2016 IEEE Power Modulator and High Voltage Conference

Assessing the Role of Non-Local Trap-to-Band Impact Ionization in 4H-SiC Photoconductive Switches Containing Deep Defects Aimed at Enhanced Hold-off Voltages

6 Jul 2016, 16:15

15m

Ralston Ballroom (Palace Hotel San Francisco)

Oral Presentation Opening, Closing, and Solid State Switches Oral 3

Speaker

Animesh Chowdhury (Texas Tech University)

Description

The importance of non-local effects in impact ionization has been long recognized, particularly in connection with breakdown in gases, where Crooke's dark space and glow striations provide classic examples. The main point is that impact ionization is the consequence of electrons drifting down a potential gradient (i.e., in the presence of a spatial electric field) pick up energy E and can impact ionize only when this energy exceeds the ionization threshold. Ionization rates, therefore, should not depend on the local electric fields, as has routinely been used in analysis, but on the path integral. 4H-SiC is a promising material for high-power photoconductive switches given its resistance to chemical attack and radiation, stability at high temperatures, higher saturation electron drift velocity over Si and GaAs, larger thermal conductivity, and high breakdown fields in the 3-4 MV/cm range. For the same breakdown voltage, the on-state resistance of a SiC device is expected to be lower by two orders of magnitude than that for Si because smaller layer thicknesses and/or higher doping levels can be used. Such SiC material for photoconductive switches usually uses deep traps/defects to attain the desired high hold-off voltage strengths required for pulsed power applications.

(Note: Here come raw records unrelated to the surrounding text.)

-- ===== src/MuduoServer.antt =====
-- example/muduoServer.cc: a server that sends each connection back what it has received, as long as the
-- connection lasts.
pub mod Relayed
mod Tests
use mynuduo.Base.{ℕ, Bool, true, false, Option, none, some, List, [], ◌∷◌, ◌++◌, length, ◌>>=◌}
use mynuduo.Buffer.{ReadResult, WriteResult, received, retrieve_all_as_string}
use mynuduo.Poller.{Epoll}
use mynuduo.TcpConnection.{Connection, UserCallbacks, send, handle_read, handle_write}

module _ (k : Epoll) where
  -- `onConnection` only logs.
  pub on_connection : Connection k → Option (Connection k)
  on_connection w = some w

  -- The text `msg` stands in memory while `onMessage` runs; its address is 0 here.
  pub on_message : (List ℕ → WriteResult) → Connection k → Option (Connection k)
  on_message sys_write w = do
    let (msg, rest) = retrieve_all_as_string w.input
    send k true (λ p. msg) sys_write 0 (length msg) (record w { input = rest })

  -- `on_close` is what the TcpServer sets.
  abbrev pub callbacks :
      (List ℕ → WriteResult) → (Connection k → Option (Connection k)) → UserCallbacks k
  callbacks sys_write on_close = record {
    on_connection = on_connection;
    on_message = on_message sys_write;
    on_close = on_close;
  }

  -- What a poll reports of the connection: the bytes `x ∷ d`, or room to write. `sys_write` is what the
  -- kernel then does at `write`.
  pub data Event : Type 0 where
    reads : ℕ → List ℕ → (List ℕ → WriteResult) → Event
    writes : (List ℕ → WriteResult) → Event

  module _ (on_close : Connection k → Option (Connection k)) where
    pub handle : Event → Connection k → Option (Connection k)
    handle (reads x d sys_write) w =
        handle_read k (callbacks sys_write on_close) (λ room. received (x ∷ d)) w
    handle (writes sys_write) w = handle_write k sys_write w

    pub run : List Event → Connection k → Option (Connection k)
    unfolding handle
    run [] w = some w
    run (e ∷ es) w = handle e w >>= run es

  -- The bytes that the peer has sent.
  abbrev pub got : List Event → List ℕ
  got [] = []
  got (reads x d sys_write ∷ es) = x ∷ d ++ got es
  got (writes sys_write ∷ es) = got es
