-- ===== src/MuduoServer/Relayed.antt =====
-- MuduoServer: over any sequence of events the connection gives back exactly what it gets.
use mynuduo.Base.{
  Returns, Returns-mono, Returns-bind, Returns-also, IfReturns, ℕ, ◌+◌, ◌≤◌, ◌≡◌, refl, sym, ap,
  ap₂, subst, ◌∙◌, true, false, Option, List, [], ◌∷◌, ◌++◌, length, arith, append_assoc,
  append-nil, max_size,
}
use mynuduo.Buffer.{
  contents, ReadResult, received, WriteResult, extra_size, read_limit, read_fd,
  retrieve_all_as_string,
}
use mynuduo.Buffer.Append.{read_fd-Appended}
use mynuduo.Buffer.Retrieve.{retrieve_all_as_string_lem}
use mynuduo.Poller.{Epoll}
use mynuduo.TcpConnection.{Connection, is_connected, is_disconnected, connect_established}
use mynuduo.TcpConnection.Inv.{Inv}
use mynuduo.TcpConnection.Close.{connect_established-calls}
use mynuduo.TcpConnection.Stream.{accepted, WritesPart, Fails}
use mynuduo.TcpConnection.Drain.{Drained, handle_write-Drained}
use mynuduo.TcpConnection.Keeps.{Extends, Extends-refl, Extends-trans, handle_read-received}
use mynuduo.TcpConnection.Onward.{Onward, handle_write-Onward}
use mynuduo.EchoServer.Echoed.{Sent, send-Sent}
use mynuduo.MuduoServer.{
  Event, reads, writes, on_connection, on_message, callbacks, handle, run, got,
}

module _ (k : Epoll) where
  -- Up, in order, and with nothing unread.
  pub record IsServing (w : Connection k) : Type 0 where
    pub inv : Inv k w
    pub up : is_connected w.state ≡ true
    pub empty : contents w.input ≡ []

  -- `msg` has been taken on for the peer.
  pub record Relayed (msg : List ℕ) (w t : Connection k) : Type 0 where
    pub serving : IsServing t
    pub bytes : accepted k t ≡ accepted k w ++ msg
    pub grows : Extends w.sent t.sent

  -- The connection is up with nothing unread, and its buffers and what it has sent are as before.
  pub record CameUp (w t : Connection k) : Type 0 where
    pub serving : IsServing t
    pub input : t.input ≡ w.input
    pub output : t.output ≡ w.output
    pub bytes : accepted k t ≡ accepted k w

  pub connect_established-CameUp :
      (sys_write : List ℕ → WriteResult) (on_close : Connection k → Option (Connection k))
      (self : ℕ) (w : Connection k)
      → Inv k w
      → is_disconnected w.state ≡ false
      → contents w.input ≡ []
      → Returns (CameUp w) (connect_established k (callbacks k sys_write on_close) self w)
  unfolding on_connection
  connect_established-CameUp sys_write on_close self w v up empty =
      connect_established-calls k (callbacks k sys_write on_close) (CameUp w) self w v up λ t h.
        record {
          serving = record { inv = h.inv; up = h.up; empty = ap contents h.input ∙ empty };
          input = h.input;
          output = h.output;
          bytes = ap₂ (λ sent output. sent ++ contents output) h.sent h.output;
        }

  on_message-Relayed :
      (sys_write : List ℕ → WriteResult) (w : Connection k)
      → Inv k w
      → is_connected w.state ≡ true
      → WritesPart k sys_write
      → ¬ Fails k sys_write (contents w.input)
      → length (contents w.input) + w.output.writer ≤ max_size
      → Returns (Relayed (contents w.input) w) (on_message k sys_write w)
  unfolding on_message
  on_message-Relayed sys_write w v up part alive room =
      let msg = contents w.input in
      let out = retrieve_all_as_string_lem v.input_valid in
      let w1 : Connection k = record w { input = (retrieve_all_as_string w.input).1 } in
      let v1 : Inv k w1 = record {
        synced = v.synced;
        input_valid = out.1.valid;
        output_valid = v.output_valid;
        waits = v.waits;
      } in
      Returns-mono (Sent k msg w1) (Relayed msg w) _
        (send-Sent k sys_write msg (retrieve_all_as_string w.input).0 w1 out.0 v1 up part alive
          room)
        λ t h. record {
          serving = record {
            inv = h.taken.0;
            up = ap is_connected h.same.state ∙ up;
            empty = ap contents h.same.input ∙ out.2;
          };
          bytes = h.taken.1;
          grows = h.same.grows;
        }

  -- What an event relies on: the kernel reads no more than it was offered room for and writes no more
  -- than it is given, the peer has not gone, and both buffers may still grow.
  abbrev pub Allowed : Event k → Connection k → Type 0
  Allowed (reads x d sys_write) w =
      (length (x ∷ d) ≤ read_limit w.input)
      × (length w.input.bytes + extra_size ≤ max_size)
      × WritesPart k sys_write
      × ¬ Fails k sys_write (x ∷ d)
      × (length (x ∷ d) + w.output.writer ≤ max_size)
  Allowed (writes sys_write) w = Unit {0}

  module _ (on_close : Connection k → Option (Connection k)) where
    pub handle-Relayed :
        (e : Event k) (w : Connection k)
        → IsServing w
        → Allowed e w
        → Returns (Relayed (got k (e ∷ [])) w) (handle k on_close e w)
    unfolding handle
    handle-Relayed (reads x d sys_write) w v (short, grow, part, alive, room) =
        let readv : ℕ → ReadResult = λ room. received (x ∷ d) in
        let a = read_fd-Appended readv (x ∷ d) v.inv.input_valid refl short grow in
        let w1 : Connection k = record w { input = (read_fd w.input readv).1 } in
        let v1 : Inv k w1 = record {
          synced = v.inv.synced;
          input_valid = a.valid;
          output_valid = v.inv.output_valid;
          waits = v.inv.waits;
        } in
        let all : contents w1.input ≡ x ∷ d = a.bytes ∙ ap (λ c. c ++ x ∷ d) v.empty in
        rw (handle_read-received k (callbacks k sys_write on_close) readv x d w refl) (
          Returns-mono (Relayed (contents w1.input) w1) (Relayed (x ∷ (d ++ [])) w) _
            (on_message-Relayed sys_write w1 v1 v.up part
              (λ f. alive (subst (Fails k sys_write) all f)) (omega (arith, ap length all)))
            λ t h. record {
              serving = h.serving;
              bytes = h.bytes ∙ ap (◌++◌ (accepted k w)) (all ∙ ap (◌∷◌ x) (sym (append-nil d)));
              grows = h.grows;
            })
    handle-Relayed (writes sys_write) w v a =
        Returns-mono (λ t. Drained k w t × Onward k w t) (Relayed [] w) _
          (Returns-also (Drained k w) (Onward k w) _ (handle_write-Drained k sys_write w v.inv)
            (handle_write-Onward k sys_write w))
          λ t (h, o). record {
            serving = record {
              inv = h.inv;
              up = ap is_connected h.state ∙ v.up;
              empty = ap contents h.input ∙ v.empty;
            };
            bytes = h.bytes ∙ sym (append-nil (accepted k w));
            grows = o.sent;
          }

    -- Every event is allowed where the events before it have left the connection.
    abbrev pub AllAllowed : List (Event k) → Connection k → Type 0
    AllAllowed [] w = Unit {0}
    AllAllowed (e ∷ es) w = Allowed e w × IfReturns (AllAllowed es) (handle k on_close e w)

    got-cons : (e : Event k) (es : List (Event k)) → got k (e ∷ es) ≡ got k (e ∷ []) ++ got k es
    got-cons (reads x d sys_write) es = ap (◌∷◌ x) (ap (λ l. l ++ got k es) (sym (append-nil d)))
    got-cons (writes sys_write) es = refl

    -- The server's connection, up and in order with nothing unread, over any sequence of reads and of
    -- room to write in any order, each allowed where it comes: the handlers return, the connection is
    -- as before, and what it has taken on for the peer has grown by exactly the bytes that came, in
    -- their order, however little the kernel takes at a time.
    pub run-Relayed :
        (es : List (Event k)) (w : Connection k)
        → IsServing w
        → AllAllowed es w
        → Returns (Relayed (got k es) w) (run k on_close es w)
    unfolding run
    run-Relayed [] w v a = record {
      serving = v;
      bytes = sym (append-nil (accepted k w));
      grows = Extends-refl w.sent;
    }
    run-Relayed (e ∷ es) w v (now, later) =
        let Moved : Connection k → Type 0 = λ t. Relayed (got k (e ∷ [])) w t × AllAllowed es t in
        Returns-bind (Relayed (got k (e ∷ es)) w) Moved (handle k on_close e w) (run k on_close es)
          (Returns-also (Relayed (got k (e ∷ [])) w) (AllAllowed es) _ (handle-Relayed e w v now)
            later)
          λ t (h, allowed).
            Returns-mono (Relayed (got k es) t) (Relayed (got k (e ∷ es)) w) _
              (run-Relayed es t h.serving allowed)
              λ u g. record {
                serving = g.serving;
                bytes =
                    g.bytes
                    ∙ ap (λ l. l ++ got k es) h.bytes
                    ∙ append_assoc (accepted k w) (got k (e ∷ [])) (got k es)
                    ∙ ap (◌++◌ (accepted k w)) (sym (got-cons e es));
                grows = Extends-trans w.sent t.sent u.sent h.grows g.grows;
              }
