-- ===== src/MuduoClient/Greets.antt =====
-- MuduoClient: the greeting goes out once, and what comes is taken out of the buffer.
use mynuduo.Base.{
  Returns, Returns-mono, ℕ, ◌+◌, ◌≤◌, ◌≡◌, refl, sym, ap, ap₂, ◌∙◌, false, if_rule, Option, List,
  [], ◌∷◌, ◌++◌, length, arith, append-nil, max_size,
}
use mynuduo.Buffer.{contents, ReadResult, received, WriteResult, extra_size, read_limit}
use mynuduo.Buffer.Append.{read_fd-Appended}
use mynuduo.Buffer.Retrieve.{retrieve_all_as_string_lem}
use mynuduo.Poller.{Epoll}
use mynuduo.TcpConnection.{
  Connection, is_connected, is_disconnected, connect_established, handle_read,
}
use mynuduo.TcpConnection.Inv.{Inv}
use mynuduo.TcpConnection.Close.{connect_established-calls}
use mynuduo.TcpConnection.Stream.{accepted, WritesPart, Fails}
use mynuduo.TcpConnection.Keeps.{Extends-refl, handle_read-received}
use mynuduo.EchoServer.Echoed.{Sent, send-Sent}
use mynuduo.MuduoServer.Relayed.{IsServing, Relayed}
use mynuduo.MuduoClient.{greeting, on_connection, on_message, callbacks}

module _ (k : Epoll) where
  -- The connection is up, in order, with nothing unread, and has taken on the greeting.
  pub record Greeted (w t : Connection k) : Type 0 where
    pub serving : IsServing k t
    pub bytes : accepted k t ≡ accepted k w ++ greeting

  pub connect_established-Greeted :
      (sys_write : List ℕ → WriteResult) (on_close : Connection k → Option (Connection k))
      (self : ℕ) (w : Connection k)
      → Inv k w
      → is_disconnected w.state ≡ false
      → contents w.input ≡ []
      → WritesPart k sys_write
      → ¬ Fails k sys_write greeting
      → length greeting + w.output.writer ≤ max_size
      → Returns (Greeted w) (connect_established k (callbacks k sys_write on_close) self w)
  unfolding on_connection
  connect_established-Greeted sys_write on_close self w v up empty part alive room =
      connect_established-calls k (callbacks k sys_write on_close) (Greeted w) self w v up λ t h.
        if_rule (Returns (Greeted w)) (is_connected t.state)
          (λ _.
            Returns-mono (Sent k greeting t) (Greeted w) _
              (send-Sent k sys_write greeting greeting t refl h.inv h.up part alive
                (omega (arith, ap (λ b. b.writer) h.output)))
              λ u s. record {
                serving = record {
                  inv = s.taken.0;
                  up = ap is_connected s.same.state ∙ h.up;
                  empty = ap contents (s.same.input ∙ h.input) ∙ empty;
                };
                bytes =
                    s.taken.1
                    ∙ ap₂ (λ sent output. (sent ++ contents output) ++ greeting) h.sent h.output;
              })
          λ down. absurd (ground (arith, h.up, down))

  -- `handleRead` with the bytes `x ∷ d`, where there is room for them.
  pub handle_read-Heard :
      (sys_write : List ℕ → WriteResult) (on_close : Connection k → Option (Connection k)) (x : ℕ)
      (d : List ℕ) (w : Connection k)
      → IsServing k w
      → length (x ∷ d) ≤ read_limit w.input
      → length w.input.bytes + extra_size ≤ max_size
      → Returns
          (Relayed k [] w)
          (handle_read k (callbacks k sys_write on_close) (λ room. received (x ∷ d)) w)
  unfolding on_message
  handle_read-Heard sys_write on_close x d w v short grow =
      let readv : ℕ → ReadResult = λ room. received (x ∷ d) in
      let a = read_fd-Appended readv (x ∷ d) v.inv.input_valid refl short grow in
      let out = retrieve_all_as_string_lem a.valid in
      rw (handle_read-received k (callbacks k sys_write on_close) readv x d w refl) (record {
        serving = record {
          inv = record {
            synced = v.inv.synced;
            input_valid = out.1.valid;
            output_valid = v.inv.output_valid;
            waits = v.inv.waits;
          };
          up = v.up;
          empty = out.2;
        };
        bytes = sym (append-nil (accepted k w));
        grows = Extends-refl w.sent;
      })
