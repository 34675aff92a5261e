-- ===== src/MuduoClient/Session.antt =====
-- MuduoClient and MuduoServer: the client's connection and the server's one, over two streams of bytes.
-- A stream gives the reader what the writer's kernel has been given, in order, any part of it at a time.
pub mod Conserved
use mynuduo.Base.{ℕ, suc, Option, none, some, List, [], ◌∷◌, ◌++◌, length, take, drop, ◌>>=◌}
use mynuduo.Buffer.{WriteResult, received, contents}
use mynuduo.Poller.{Epoll}
use mynuduo.TcpConnection.{Connection, handle_read, handle_write, connect_established}
use mynuduo.MuduoServer
use mynuduo.MuduoServer.{reads, writes}
use mynuduo.MuduoClient.{callbacks}

module _ (k : Epoll) where
  -- `got` and `heard` are the bytes that the server and the client have read.
  pub record Session : Type 0 where
    pub client : Connection k
    pub server : Connection k
    pub got : List ℕ
    pub heard : List ℕ

  -- The bytes on their way.
  abbrev pub to_server : Session → List ℕ
  to_server s = drop (length s.got) s.client.sent

  abbrev pub to_client : Session → List ℕ
  to_client s = drop (length s.heard) s.server.sent

  -- One event on one side: some of the bytes on their way can be read, or there is room to write.
  pub data Turn : Type 0 where
    client_reads : ℕ → Turn
    client_writes : (List ℕ → WriteResult) → Turn
    server_reads : ℕ → (List ℕ → WriteResult) → Turn
    server_writes : (List ℕ → WriteResult) → Turn

  module _ (greets : List ℕ → WriteResult) (on_close : Connection k → Option (Connection k)) where
    -- The two connections come up; `greets` is what the kernel does with the greeting.
    pub open_session : ℕ → Connection k → ℕ → Connection k → Option Session
    open_session client_self w server_self v = do
      c ← connect_established k (callbacks k greets on_close) client_self w
      s ← connect_established k (MuduoServer.callbacks k greets on_close) server_self v
      some (record { client = c; server = s; got = []; heard = [] })

    -- Nothing is read where nothing is on its way.
    client_hears : List ℕ → Session → Option Session
    client_hears [] s = some s
    client_hears (x ∷ d) s = do
      t ← handle_read k (callbacks k greets on_close) (λ room. received (x ∷ d)) s.client
      some (record s { client = t; heard = s.heard ++ x ∷ d })

    server_gets : List ℕ → (List ℕ → WriteResult) → Session → Option Session
    server_gets [] sys_write s = some s
    server_gets (x ∷ d) sys_write s = do
      t ← MuduoServer.handle k on_close (reads x d sys_write) s.server
      some (record s { server = t; got = s.got ++ x ∷ d })

    pub turn : Turn → Session → Option Session
    unfolding client_hears server_gets
    turn (client_reads n) s = client_hears (take (suc n) (to_client s)) s
    turn (client_writes sys_write) s = do
      t ← handle_write k sys_write s.client
      some (record s { client = t })
    turn (server_reads n sys_write) s = server_gets (take (suc n) (to_server s)) sys_write s
    turn (server_writes sys_write) s = do
      t ← MuduoServer.handle k on_close (writes sys_write) s.server
      some (record s { server = t })

    pub turns : List Turn → Session → Option Session
    unfolding turn
    turns [] s = some s
    turns (e ∷ es) s = turn e s >>= turns es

Here we provide numerical studies to probe effects of non-local trap-to-band impact ionization for SiC photoconductors. We show that the non-local nature of the ionization can substantially alter the local fields, result in a pile-up of free electrons, and possibly lead to prolonged cathode injection and space-charge striations. Our modeling is based on a one-dimensional, time-dependent drift-diffusion approach, and includes multiple traps, trapping/detrapping dynamics, field-dependence of various processes, and possible hole injection. The role of trap energy level and concentration on the conduction characteristics will also be analyzed. Work supported by Office of Naval Research and the Air Force Office of Scientific Research.